**Task to complete:**
Among the entries below, please repeat exactly and only the lines from the line containing "unfoldable pub put_generation" to the line containing "unfoldable pub read_answer", both lines included.

**Available data:**
○ ○ ○

-- ===== src/Index/Building.antt =====
-- How the index is built and published: resolveCurrent, Store.build, publish, prune, searcherFor and
-- invalidate of store.go and search.go. The shards are values of the engine, which is a parameter: it
-- gives none where creating the builder, adding a file or finishing fails. The staging directory and
-- the temporary link are left out of the state, since nothing reads them.
pub mod Publishing
use lctk.Prelude.{
  ℕ, zero, suc, ◌+◌, ◌-◌, Bool, true, false, not, ◌&&◌, ◌||◌, Option, none, some, List, [], ◌∷◌,
  ◌++◌, Text, text_lt, leb, ◌==◌, if◌then◌else◌, length,
}
use lctk.Index.{
  Limits, Files, State, schema_version, Code, index_not_ready, index_corrupt, internal_error,
  context_error, Result, ok, err, ◌>>=◌, ◌>>◌, unless, Reading, bytes, missing, unreadable,
}
use lctk.Index.Batch.{Workspace}

-- state.json of a generation.
pub data StateFile : Type 0 where
  unreadable_state : StateFile
  not_json : StateFile
  decoded : State → StateFile

-- What the link `current` resolves to.
pub data Link : Type 0 where
  absent : Link
  unresolvable : Link
  points : ℕ → Link

pub record Generation (Shards : Type 0) : Type 0 where
  pub state : StateFile
  pub shards : Shards

-- The state root with its generations, and the searcher that is open with its generation.
pub record Store (Shards : Type 0) : Type 0 where
  pub current : Link
  pub generations : ℕ → Option (Generation Shards)
  pub searcher : Option (ℕ × Shards)

pub record BuildPlan : Type 0 where
  pub generation : ℕ
  pub full : Bool
  pub previous : Option ℕ
  pub delta_depth : ℕ
  pub files : Files
  pub skipped_big : ℕ
  pub ignored : ℕ
  pub sources : List Text
  pub source_bytes : ℕ
  pub add : List Text
  pub tombstone : List Text

-- What one build meets: the source when it reads it, the time, which of its steps fail, what a failed
-- removal leaves of the target directory, and which old directories cannot be removed.
pub record Run (Shards : Type 0) : Type 0 where
  pub workspace : Workspace
  pub time : ℕ
  pub cancelled : Bool
  pub cancelled_at : Text → Bool
  pub no_generations : Bool
  pub no_staging : Bool
  pub no_links : Bool
  pub no_state : Bool
  pub target_kept : Bool
  pub remains : Option (Generation Shards)
  pub not_renamed : Bool
  pub not_published : Bool
  pub not_listed : Bool
  pub not_removed : ℕ → Bool

-- The engine over its shards: an empty directory, and a build over the shards it starts from, which
-- retracts the first names and adds the files.
pub record Engine : Type 1 where
  pub Shards : Type 0
  pub no_shards : Shards
  pub index_files : Shards → List Text → List (Text × Text) → Option Shards

-- sort.Strings.
unfoldable pub insert_name : Text → List Text → List Text
insert_name name [] = name ∷ []
insert_name name (n ∷ ns) = if text_lt n name then n ∷ insert_name name ns else name ∷ n ∷ ns

unfoldable pub sort_names : List Text → List Text
unfolding insert_name
sort_names [] = []
sort_names (n ∷ ns) = insert_name n (sort_names ns)

unfoldable pub read_state : ℕ → StateFile → Result (ℕ × State)
read_state n unreadable_state = err index_corrupt
read_state n not_json = err index_corrupt
read_state n (decoded s) =
    if s.schema_version == schema_version then ok (n, s) else err index_corrupt

unfoldable pub read_generation : {Sh : Type 0} → ℕ → Option (Generation Sh) → Result (ℕ × State)
unfolding read_state
read_generation n none = err index_not_ready
read_generation n (some g) = read_state n g.state

unfoldable pub resolve_link :
    {Sh : Type 0} → Link → (ℕ → Option (Generation Sh)) → Result (ℕ × State)
unfolding read_generation
resolve_link absent gens = err index_not_ready
resolve_link unresolvable gens = err index_corrupt
resolve_link (points n) gens = read_generation n (gens n)

-- resolveCurrent.
unfoldable pub resolve_current : {Sh : Type 0} → Store Sh → Result (ℕ × State)
unfolding resolve_link
resolve_current st = resolve_link st.current st.generations

-- A directory in place of another.
unfoldable pub put_generation :
    {Sh : Type 0}
    → ℕ
    → Option (Generation Sh)
    → (ℕ → Option (Generation Sh))
    → ℕ
    → Option (Generation Sh)
put_generation n g gens m = if n == m then g else gens m

-- Whether prune removes the directory of a number.
unfoldable pub pruned : ℕ → ℕ → ℕ → Bool
pruned keep current number = not (number == 0) && leb keep current && leb number (current - keep)

unfoldable pub read_answer : Text → Reading → Result (List (Text × Text))
read_answer name (bytes content) = ok ((name, content) ∷ [])
read_answer name missing = ok []
read_answer name unreadable = err internal_error

module _ (E : Engine) where
  abbrev pub Index : Type 0
  Index = Store E.Shards

  module _ (limits : Limits) (r : Run E.Shards) where
    -- The loop of build over the files to add.
    unfoldable pub read_files : List Text → Result (List (Text × Text))
    unfolding read_answer
    read_files [] = ok []
    read_files (name ∷ names) = do
      unless (r.cancelled_at name) context_error
      document ← read_answer name (r.workspace.content name)
      documents ← read_files names
      ok (document ++ documents)

    -- The shards that a build starts from: linkShards for a delta.
    unfoldable pub carried : BuildPlan → Index → Result E.Shards
    carried p st = if p.full then ok E.no_shards else elim p.previous [
      | none ↦ ok E.no_shards
      | some n ↦ elim (st.generations n) [
        | none ↦ err internal_error
        | some g ↦ if r.no_links then err internal_error else ok g.shards
      ]
    ]

    unfoldable pub built_state : BuildPlan → State
    built_state p = record {
      schema_version = schema_version;
      generation = p.generation;
      delta_depth = p.delta_depth;
      files = p.files;
      file_count = length p.files;
      skipped_big = p.skipped_big;
      skipped_ignored = p.ignored;
      source_bytes = p.source_bytes;
      ignore_sources = p.sources;
      built_at = r.time;
      full_build = p.full;
    }

    unfoldable pub finished : Option E.Shards → Result E.Shards
    finished none = err internal_error
    finished (some shards) = ok shards

    -- build up to the staged generation.
    unfoldable pub stage : BuildPlan → Index → Result (Generation E.Shards)
    unfolding read_files carried built_state finished
    stage p st = do
      unless r.cancelled context_error
      unless (r.no_generations || r.no_staging) internal_error
      base ← carried p st
      unless (not r.workspace.opens) internal_error
      documents ← read_files p.add
      shards ← finished (E.index_files base p.tombstone documents)
      unless r.no_state internal_error
      ok (record { state = decoded (built_state p); shards = shards })

    -- prune.
    unfoldable pub prune : ℕ → (ℕ → Option (Generation E.Shards)) → ℕ → Option (Generation E.Shards)
    unfolding pruned
    prune current gens m =
        if not r.not_listed && pruned limits.keep_generations current m && not (r.not_removed m)
        then none
        else gens m

    -- What a failed removal leaves of a directory, if it was there.
    unfoldable pub left_behind : Option (Generation E.Shards) → Option (Generation E.Shards)
    left_behind none = none
    left_behind (some g) = r.remains

    -- invalidate.
    unfoldable pub invalidate : Index → Index
    invalidate st = record st { searcher = none }

    -- build from the staged generation on: the target's removal, the rename, publish, invalidate, prune.
    unfoldable pub commit : ℕ → Generation E.Shards → State → Index → Result State × Index
    unfolding put_generation prune invalidate left_behind
    commit n g s st =
        let placed = put_generation n (some g) st.generations in
        if r.target_kept
        then (
          err internal_error,
          record st {
            generations = put_generation n (left_behind (st.generations n)) st.generations;
          },
        )
        else if r.not_renamed
        then (err internal_error, record st { generations = put_generation n none st.generations })
        else if r.not_published
        then (err internal_error, record st { generations = placed })
        else (ok s, invalidate (record st { current = points n; generations = prune n placed }))

    unfoldable pub commit_staged :
        BuildPlan → Result (Generation E.Shards) → Index → Result State × Index
    unfolding commit built_state
    commit_staged p (err e) st = (err e, st)
    commit_staged p (ok g) st = commit p.generation g (built_state p) st

    -- Store.build.
    unfoldable pub build : BuildPlan → Index → Result State × Index
    unfolding commit_staged stage
    build p st = commit_staged p (stage p st) st

  -- searcherFor: `opened` is what opening the directory gives, as an error or its shards.
  unfoldable pub searcher_for : ℕ → Result E.Shards → Index → Result E.Shards × Index
  searcher_for generation opened st =
      let open_new : Result E.Shards × Index = elim opened [
        | err e ↦ (err e, st)
        | ok shards ↦ (ok shards, record st { searcher = some (generation, shards) })
      ] in
      elim st.searcher [
        | none ↦ open_new
        | some (g, shards) ↦ if g == generation then (ok shards, st) else open_new
      ]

○ ○ ○

**Solved exercise:**
unfoldable pub put_generation :
    {Sh : Type 0}
    → ℕ
    → Option (Generation Sh)
    → (ℕ → Option (Generation Sh))
    → ℕ
    → Option (Generation Sh)
put_generation n g gens m = if n == m then g else gens m

-- Whether prune removes the directory of a number.
unfoldable pub pruned : ℕ → ℕ → ℕ → Bool
pruned keep current number = not (number == 0) && leb keep current && leb number (current - keep)

unfoldable pub read_answer : Text → Reading → Result (List (Text × Text))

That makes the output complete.